Pressure-induced decrements in the diameters of distal ILA segments were
similar in WKY (-24 +/- 2%) and SHR (-20 +/- 2%; p greater than 0.1). The
intermediate ILA of SHR exhibited an augmented myogenic responsiveness,
constricting at lower RAP levels and exhibiting greater maximal decrements
in diameter at 180 mm Hg (i.e., - 19 +/- 2% and -12 +/- 2% for SHR and WKY,
respectively; p less than 0.05).
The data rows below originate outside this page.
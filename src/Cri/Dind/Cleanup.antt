-- ===== src/Cri/Dind/Cleanup.antt =====
-- What becomes of the container of docker-in-docker (`SandboxCreate`, internal/cri/dind.go).
use taskcluster_multistage_d.Common.{
  ◌≡◌, refl, ap, ◌∙◌, Option, none, some, List, [], ◌∷◌, ◌++◌, map, last, String,
}
use taskcluster_multistage_d.Exception.{Error}
use taskcluster_multistage_d.Worker.Calls.{Result, ok, err}
use taskcluster_multistage_d.Cri.{ContainerStatus}
use taskcluster_multistage_d.Cri.Dind.Tls.{Tar, TlsConfig, tls_config_from_tar}
use taskcluster_multistage_d.Cri.Dind.{
  Action, pulls, creates, starts_run, connects, reads_files, closes_files, logs, logs_error,
  removes, DindWorld, Ending, returns, fails, crashes, Outcome, fail, after, unless, clean_up,
  remove_container, try_info, try_status, after_info, after_tls, log_files, after_read,
  after_client, connect, wait_and_connect, with_container, after_pull, sandbox_create,
}

-- The containers that `Remove` is called for, in the order of the calls. Whether a call succeeds is not asked.
abbrev pub removed : List Action → List String
removed [] = []
removed (removes id ∷ actions) = id ∷ removed actions
removed (pulls image ∷ actions) = removed actions
removed (creates spec ∷ actions) = removed actions
removed (starts_run id ∷ actions) = removed actions
removed (connects host ∷ actions) = removed actions
removed (reads_files id path ∷ actions) = removed actions
removed (closes_files ∷ actions) = removed actions
removed (logs text value ∷ actions) = removed actions
removed (logs_error e text ∷ actions) = removed actions

-- The container that the caller gets, and will remove by closing the sandbox.
abbrev pub kept : {Pair : Type 0} → Ending Pair → List String
kept (returns s) = s.container ∷ []
kept (fails e) = []
kept crashes = []

-- The container that is created, if the image is pulled and it can be.
abbrev pub created : Option Error → Result String → List String
created (some e) r = []
created none (err e) = []
created none (ok id) = id ∷ []

pub removed-append : (xs ys : List Action) → removed (xs ++ ys) ≡ removed xs ++ removed ys
removed-append [] ys = refl
removed-append (removes id ∷ xs) ys = ap (λ t. id ∷ t) (removed-append xs ys)
removed-append (pulls image ∷ xs) ys = removed-append xs ys
removed-append (creates spec ∷ xs) ys = removed-append xs ys
removed-append (starts_run id ∷ xs) ys = removed-append xs ys
removed-append (connects host ∷ xs) ys = removed-append xs ys
removed-append (reads_files id path ∷ xs) ys = removed-append xs ys
removed-append (closes_files ∷ xs) ys = removed-append xs ys
removed-append (logs text value ∷ xs) ys = removed-append xs ys
removed-append (logs_error e text ∷ xs) ys = removed-append xs ys

removed-log_files : (files : List String) → removed (log_files files) ≡ []
removed-log_files [] = refl
removed-log_files (file ∷ files) = removed-log_files files

removed-remove_container :
    (remove : Option Error) (id : String) → removed (remove_container remove id) ≡ id ∷ []
removed-remove_container none id = refl
removed-remove_container (some e) id = refl

module _ {Pair : Type 0} where
  -- Nothing is removed on the way, and the sandbox, if there is one, is that of the container `id`.
  record Leaves (id : String) (o : Outcome Pair) : Type 0 where
    quiet : removed o.actions ≡ []
    settled :
        (remove : Option Error) → kept o.ending ++ removed (clean_up remove id o.ending) ≡ id ∷ []

  Leaves-fail : (id : String) (e : Error) → Leaves id (fail e)
  Leaves-fail id e = record { quiet = refl; settled = λ remove. removed-remove_container remove id }

  Leaves-crash : (id : String) → Leaves id (record { actions = []; ending = crashes })
  Leaves-crash id = record { quiet = refl; settled = λ remove. removed-remove_container remove id }

  Leaves-after :
      (id : String) (actions : List Action) (o : Outcome Pair)
      → removed actions ≡ []
      → Leaves id o
      → Leaves id (after actions o)
  Leaves-after id actions o none_removed l = record {
    quiet =
        removed-append actions o.actions ∙ ap (λ t. t ++ removed o.actions) none_removed ∙ l.quiet;
    settled = l.settled;
  }

  Leaves-unless :
      (id : String) (e : Option Error) (o : Outcome Pair) → Leaves id o → Leaves id (unless e o)
  Leaves-unless id none o l = l
  Leaves-unless id (some e) o l = Leaves-fail id e

  module _ (w : DindWorld Pair) (image : String) (name : String) (id : String) where
    Leaves-after_info :
        (host : String) (tls : TlsConfig Pair) (r : Result String)
        → Leaves id (after_info w image name id host tls r)
    Leaves-after_info host tls (err e) = Leaves-fail id _
    Leaves-after_info host tls (ok version) = record { quiet = refl; settled = λ remove. refl }

    Leaves-after_tls :
        (host : String) (r : Result (TlsConfig Pair)) → Leaves id (after_tls w image name id host r)
    Leaves-after_tls host (err e) = Leaves-fail id _
    Leaves-after_tls host (ok tls) = Leaves-after_info host tls w.info

    Leaves-after_read :
        (host : String) (r : Result Tar) → Leaves id (after_read w image name id host r)
    unfolding tls_config_from_tar
    Leaves-after_read host (err e) = Leaves-fail id _
    Leaves-after_read host (ok tar) =
        let loaded = tls_config_from_tar w.x509_key_pair tar in
        Leaves-after id (log_files loaded.log ++ closes_files ∷ []) _
          (removed-append (log_files loaded.log) (closes_files ∷ [])
            ∙ ap (λ t. t ++ []) (removed-log_files loaded.log))
          (Leaves-after_tls host loaded.result)

    Leaves-after_client :
        (host : String) (e : Option Error) → Leaves id (after_client w image name id host e)
    unfolding tls_config_from_tar
    Leaves-after_client host (some e) = Leaves-fail id _
    Leaves-after_client host none =
        Leaves-unless id (w.retry (map (try_info w.is_connection_failed) w.infos)) _ (
          Leaves-after id (reads_files id "/certs/client" ∷ []) _ refl
            (Leaves-after_read host w.read_files))

    Leaves-connect :
        (status : Option (Result ContainerStatus)) → Leaves id (connect w image name id status)
    unfolding tls_config_from_tar
    Leaves-connect none = Leaves-crash id
    Leaves-connect (some (err e)) = Leaves-crash id
    Leaves-connect (some (ok status)) =
        Leaves-after id (connects _ ∷ []) _ refl (Leaves-after_client _ w.new_client)

    Leaves-wait_and_connect : Leaves id (wait_and_connect w image name id)
    unfolding tls_config_from_tar try_status
    Leaves-wait_and_connect =
        Leaves-unless id (w.retry (map try_status w.statuses)) _ (Leaves-connect (last w.statuses))

    Leaves-with_container :
        kept (with_container w image name (ok id)).ending
          ++ removed (with_container w image name (ok id)).actions
        ≡ id ∷ []
    unfolding tls_config_from_tar try_status
    Leaves-with_container =
        let o = wait_and_connect w image name id in
        let l = Leaves-wait_and_connect in
        ap (λ t. kept o.ending ++ t)
          (removed-append o.actions (clean_up w.remove id o.ending)
            ∙ ap (λ t. t ++ removed (clean_up w.remove id o.ending)) l.quiet)
        ∙ l.settled w.remove

-- Of the container that `SandboxCreate` creates, whatever fails afterwards, exactly one of two things
-- holds: it is that of the sandbox returned, and `Remove` has not been called, or there is no sandbox, and
-- `Remove` has been called for it, once, which may itself fail; it is called for nothing else.
pub sandbox_create-removed :
    {Pair : Type 0} (w : DindWorld Pair) (image name : String)
    → kept (sandbox_create w image name).ending ++ removed (sandbox_create w image name).actions
      ≡ created w.pull w.create
unfolding sandbox_create
sandbox_create-removed w image name = settled w.pull
  where
    after_creates :
        (r : Result String)
        → kept (with_container w image name r).ending
            ++ removed (with_container w image name r).actions
          ≡ created none r
    after_creates (err e) = refl
    after_creates (ok id) = Leaves-with_container w image name id

    settled :
        (pull : Option Error)
        → kept (after_pull w image name pull).ending
            ++ removed (after_pull w image name pull).actions
          ≡ created pull w.create
    settled (some e) = refl
    settled none = after_creates w.create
Nifedipine (1.0 microM) reduced
pressure-induced vasoconstriction of intermediate and distal ILA segments
by 56 +/- 11% and 79 +/- 7%, respectively, in WKY.(ABSTRACT TRUNCATED AT
250 WORDS)
ARTICLES
Enhanced myogenic responsiveness of renal interlobular arteries in spontaneously hypertensive rats
Nephrology Section, Veterans Administration Medical Center, Miami, Fla 33125.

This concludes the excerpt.